Mycoskie then approached his Polo Teacher, Alejo Nitti and asked if he would join the mission; he readily agreed, and TOMS was born. They began working out of Alejo’s family barn and tried finding local shoemakers to employ. After endless scouting, they finally found a local shoemaker named Jose. Soon they started collaborating with other artisans, Mycoskie recalled, “all working out of dusty rooms outfitted with one or two old machines for stitching the fabric and littered with bits and pieces of cloth, surrounded by roosters, burros, and iguanas. These people had been making the same shoes the same way for generations, so they looked at my designs — and me — with understandable suspicion.”
With the final product ready, Mycoskie packed up some shoes, went to American Rag and asked for the shoe buyer. He recalled fondly, “After explaining the concept to her, she realized that TOMS was more than just a shoe. It was a story. And the buyer loved the story as much as the shoe — and knew she could sell both of them.”
Shortly afterwards, Booth Moore, a renowned fashion writer for the Los Angeles Times, heard about TOMS and captured the brand’s essence on the front page of the Times’ Calendar section. By the end of the day, the brand had secured 2,200 orders on their website.
Soon the brand was covered by LA Times, Vogue Magazine, Time, People, Elle, and Teen Vogue, leading to great publicity for TOMS. Their retail customer base expanded beyond Los Angeles stores and became global; celebrities like Tobey Maguire, Keira Knightley and Scarlett Johansson were spotted around town wearing TOMS.
From there on, the brand flourished; in 2009, Mysockie and TOMS received the Secretary of State’s Award of Corporate Excellence (ACE). In 2014, Mycoskie was honoured with an invite by Richard Branson to join The B Team, a group of worldwide leaders that support and promote a better way of doing business. They advocated for the well-being of people and the planet.

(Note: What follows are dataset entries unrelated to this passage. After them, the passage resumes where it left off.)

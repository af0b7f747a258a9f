-- ===== src/Fifo.antt =====
-- `StrategyFIFO` (include/scheduler/strategies/StrategyFIFO.hpp,
-- src/scheduler/strategies/StrategyFIFO.cpp): the pending tasks, oldest first. `admit` refuses the
-- null pointer, so no null pointer is ever queued.
pub mod Order
pub mod Revocation
use gip.Prelude.{
  ℕ, String, Bool, true, false, Option, none, some, List, [], ◌∷◌, ◌++◌, length, is_empty, ◌==◌,
  string_eq, if◌then◌else◌,
}
use gip.Models.{Task, TaskCells, DispatchUnit, fifo, request_id, model_name, set_cell}

abbrev pub FifoQueue : Type 0
FifoQueue = List Task

unfoldable pub admit : Option Task → FifoQueue → FifoQueue × Bool
admit none q = (q, false)
admit (some task) q = (q ++ task ∷ [], true)

unfoldable pub select : FifoQueue → FifoQueue × Option DispatchUnit
select [] = ([], none)
select (task ∷ rest) =
    (rest, some (record { model_name = model_name task; strategy = fifo; tasks = task ∷ [] }))

-- The task that is found has its cancellation flag set, and leaves the queue.
unfoldable pub revoke : String → FifoQueue → TaskCells → FifoQueue × TaskCells × Bool
revoke id [] cells = ([], cells, false)
revoke id (task ∷ rest) cells =
    let (rest', cells', found) = revoke id rest cells in
    if request_id task == id
    then (rest, set_cell task (record (cells task.address) { cancel_requested = true }) cells, true)
    else (task ∷ rest', cells', found)

unfoldable pub pending_task_count : FifoQueue → ℕ
pending_task_count q = length q

-- In milliseconds; 86400000 is 24 hours.
unfoldable pub next_ready_in : FifoQueue → ℕ
next_ready_in q = if is_empty q then 86400000 else 0

unfoldable pub clear : FifoQueue → FifoQueue
clear q = []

To date, TOMS has provided more than 35 million pairs of shoes to children in 70 countries across the world. Following the success of this business model, Mycoskie expanded the One for One model to other products as well. In 2011, the company introduced eyewear. While it followed the principle of philanthropy as in the shoe business, it was slightly different in execution. Instead of donating a pair of glasses for every pair sold, TOMS would use part of the profit from that sale to save or restore a person’s eyesight in developing countries. To date, TOMS Eyewear has helped restore sight to more than 275,000 people.

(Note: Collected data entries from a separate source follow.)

-- ===== src/Execution/Stream/Exact.antt =====
-- The loop of alpaca_stream.py: one event for one row, and each update once.
use caqrs.Prelude.{
  true, false, String, List, [], ◌∷◌, ◌++◌, some, ◌≡◌, refl, sym, ◌⊎◌, inl, inr, append-nil, arith,
  Bool-cases, Option-cases, Returned-cases, ◌++◌, subst,
}
use caqrs.Prelude.Decimal.{Decimal}
use caqrs.Orchestrator.EventLog.{Codec, EventLog, append}
use caqrs.Execution.Journal.{
  LiveBrokerJournal, FillRow, CancelRow, record_fill, record_cancel, attribution, cycle_resolver,
  decision_resolver,
}
use caqrs.Execution.Journal.Keys.{IsCollapsed, fill, cancel, write-IsCollapsed}
use caqrs.Execution.Stream.{Fields, AlpacaTradeUpdate, Parsed, is_fill_kind, decode_trade_update}
use caqrs.Execution.Stream.Consume.{
  from_journal, resolve, Recorder, emit, fill_row, cancel_row, filled_event, cancelled_event,
  record_and_emit, record_update, attribute_update, handle, consume_all,
}
use caqrs.Execution.Stream.Entries.{
  Entry, filling, cancelling, IsRecorded, IsRecorded-refl, IsRecorded-trans,
}

resolve-attribution :
    (j : LiveBrokerJournal) (k : String) {ids : String × String}
    → resolve from_journal (some j) k ≡ some ids
    → attribution j k ≡ some ids
unfolding resolve cycle_resolver decision_resolver
resolve-attribution j k h = ground arith

record_fill-cases :
    (j : LiveBrokerJournal) (row : FillRow)
    → (record_fill j row ≡ (false, j))
      ⊎ (record_fill j row ≡ (true, record j { fills = j.fills ++ row ∷ [] }))
unfolding record_fill
record_fill-cases j row = ground arith

record_cancel-cases :
    (j : LiveBrokerJournal) (row : CancelRow)
    → (record_cancel j row ≡ (false, j))
      ⊎ (record_cancel j row ≡ (true, record j { cancellations = j.cancellations ++ row ∷ [] }))
unfolding record_cancel
record_cancel-cases j row = ground arith

module _ {κ} {W : Type κ} where
  abbrev pub recorder : LiveBrokerJournal → EventLog W → W → Recorder W
  recorder j log world = record { journal = some j; log = log; world = world }

module _ {ℓ κ} {A : Type ℓ} {W : Type κ} (d : Decimal A) (codec : Codec) where
  -- The journal and the log of a state, from those of an earlier one.
  abbrev pub Records : LiveBrokerJournal → EventLog W → Recorder W → Type (ℓ ⊔ κ)
  Records j log s =
      (j' : LiveBrokerJournal) × (log' : EventLog W) × (world' : W) × (entries : List (Entry A))
      × (s ≡ recorder j' log' world')
      × IsRecorded d j j' log.events log'.events entries
      × (IsCollapsed j → IsCollapsed j')

  Records-refl :
      (j : LiveBrokerJournal) (log : EventLog W) (w : W) → Records j log (recorder j log w)
  Records-refl j log w = (j, log, w, [], refl, IsRecorded-refl d j log.events, λ k. k)

  -- A fill, and a cancellation, whose row goes into the journal or is there.
  record-fill :
      (j : LiveBrokerJournal) (log : EventLog W) (w : W) (c r : String) (u : AlpacaTradeUpdate A)
      (amounts : A × A)
      → attribution j u.client_order_id ≡ some (c, r)
      → Records j log
          (record_and_emit codec
            (λ k. record_fill k (fill_row d u amounts))
            (filled_event d c r u amounts)
            (recorder j log w)).1
  unfolding record_and_emit emit append
  record-fill j log w c r u amounts mine =
      let row = fill_row d u amounts in
      let event = filled_event d c r u amounts in
      let kept = write-IsCollapsed j (fill row) in
      elim (record_fill-cases j row) [
        | inl old ↦ rw old (Records-refl j log w)
        | inr new ↦ rw new (
          record j { fills = j.fills ++ row ∷ [] },
          (append codec log event w).1,
          (append codec log event w).2,
          filling c r u amounts ∷ [],
          refl,
          record {
            events = refl;
            fills = refl;
            cancellations = sym (append-nil j.cancellations);
            submissions = refl;
            attributed = (mine, tt);
          },
          λ k. subst (λ x. IsCollapsed x.1) new (kept k),
        )
      ]

  record-cancel :
      (j : LiveBrokerJournal) (log : EventLog W) (w : W) (c r : String) (u : AlpacaTradeUpdate A)
      → attribution j u.client_order_id ≡ some (c, r)
      → Records j log
          (record_and_emit codec
            (λ k. record_cancel k (cancel_row d u))
            (cancelled_event d c r u)
            (recorder j log w)).1
  unfolding record_and_emit emit append
  record-cancel j log w c r u mine =
      let row = cancel_row d u in
      let event = cancelled_event d c r u in
      let kept = write-IsCollapsed j (cancel row) in
      elim (record_cancel-cases j row) [
        | inl old ↦ rw old (Records-refl j log w)
        | inr new ↦ rw new (
          record j { cancellations = j.cancellations ++ row ∷ [] },
          (append codec log event w).1,
          (append codec log event w).2,
          cancelling c r u ∷ [],
          refl,
          record {
            events = refl;
            fills = sym (append-nil j.fills);
            cancellations = refl;
            submissions = refl;
            attributed = (mine, tt);
          },
          λ k. subst (λ x. IsCollapsed x.1) new (kept k),
        )
      ]

  update-Records :
      (j : LiveBrokerJournal) (log : EventLog W) (w : W) (u : AlpacaTradeUpdate A) (c r : String)
      → attribution j u.client_order_id ≡ some (c, r)
      → Records j log (record_update d codec u c r (recorder j log w)).1
  unfolding record_update
  update-Records j log w u c r mine = elim (Bool-cases (is_fill_kind u.kind)) [
    | inr other ↦ rw (record_update, other) (record-cancel j log w c r u mine)
    | inl filled ↦ elim (Option-cases u.filled) [
      | inl missing ↦ rw (record_update, filled, missing) (Records-refl j log w)
      | inr (amounts, there) ↦
          rw (record_update, filled, there) (record-fill j log w c r u amounts mine)
    ]
  ]

  attribute-Records :
      (j : LiveBrokerJournal) (log : EventLog W) (w : W) (u : AlpacaTradeUpdate A)
      → Records j log (attribute_update d codec from_journal u (recorder j log w)).1
  unfolding attribute_update
  attribute-Records j log w u =
      elim (Option-cases (resolve from_journal (some j) u.client_order_id)) [
        | inl unknown ↦ rw (attribute_update, unknown) (Records-refl j log w)
        | inr ((c, r), known) ↦
            rw (attribute_update, known)
              (update-Records j log w u c r (resolve-attribution j u.client_order_id known))
      ]

  module _ (parse : String → Parsed A) where
    pub handle-Records :
        (j : LiveBrokerJournal) (log : EventLog W) (w : W) (raw : Fields)
        → Records j log (handle d codec parse from_journal raw (recorder j log w)).1
    unfolding handle
    handle-Records j log w raw = elim (Returned-cases (decode_trade_update d parse raw)) [
      | inr broken ↦ rw (handle, broken) (Records-refl j log w)
      | inl (o, decoded) ↦ elim (Option-cases o) [
        | inl other ↦ rw (handle, decoded, other) (Records-refl j log w)
        | inr (u, update) ↦ rw (handle, decoded, update) (attribute-Records j log w u)
      ]
    ]

    pub consume_all-Records :
        (messages : List Fields) (j : LiveBrokerJournal) (log : EventLog W) (w : W)
        → Records j log (consume_all d codec parse from_journal messages (recorder j log w)).1
    unfolding consume_all
    consume_all-Records [] j log w = Records-refl j log w
    consume_all-Records (raw ∷ rest) j log w =
        let first = handle d codec parse from_journal raw (recorder j log w) in
        let one = handle-Records j log w raw in
        elim (Returned-cases first.0) [
          | inr stopped ↦ rw stopped one
          | inl (_, went_on) ↦
              let (j', log', w', es, same, recorded, kept) = one in
              let (j'', log'', w'', fs, same', recorded', kept') =
                consume_all-Records rest j' log' w' in
              (
                j'',
                log'',
                w'',
                es ++ fs,
                rw (went_on, same) same',
                IsRecorded-trans d es fs recorded recorded',
                λ k. kept' (kept k),
              )
        ]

Mycoskie has a long list of awards and achievements. Harvard’s School of Public Health awarded Mycoskie its Next Generation Award. The award honours individuals under 40 whose leadership and commitment to health as a human right inspires young people to make ‘health for all’ a global priority. In 2016, Mycoskie was awarded the Cannes LionHeart Award for his positive impact through the innovative use of brand power. Additionally, Mycoskie and TOMS have been featured in several publications, including Inc., Time and Fortune.
In 2015, Mycoskie founded the Social Entrepreneurship Fund, which invests in innovative and socially conscious companies that exist to create change. To date, the fund has invested in 15 for-profit companies in industries ranging from technology and education to food equality.
In conclusion, Mycoskie said, “If you just go out and try to make money by starting a business, you’re going to come up with something that’s just like what everyone else has done. But if you look at the world and see opportunities that can be taken more seriously, then you come up with a great idea.”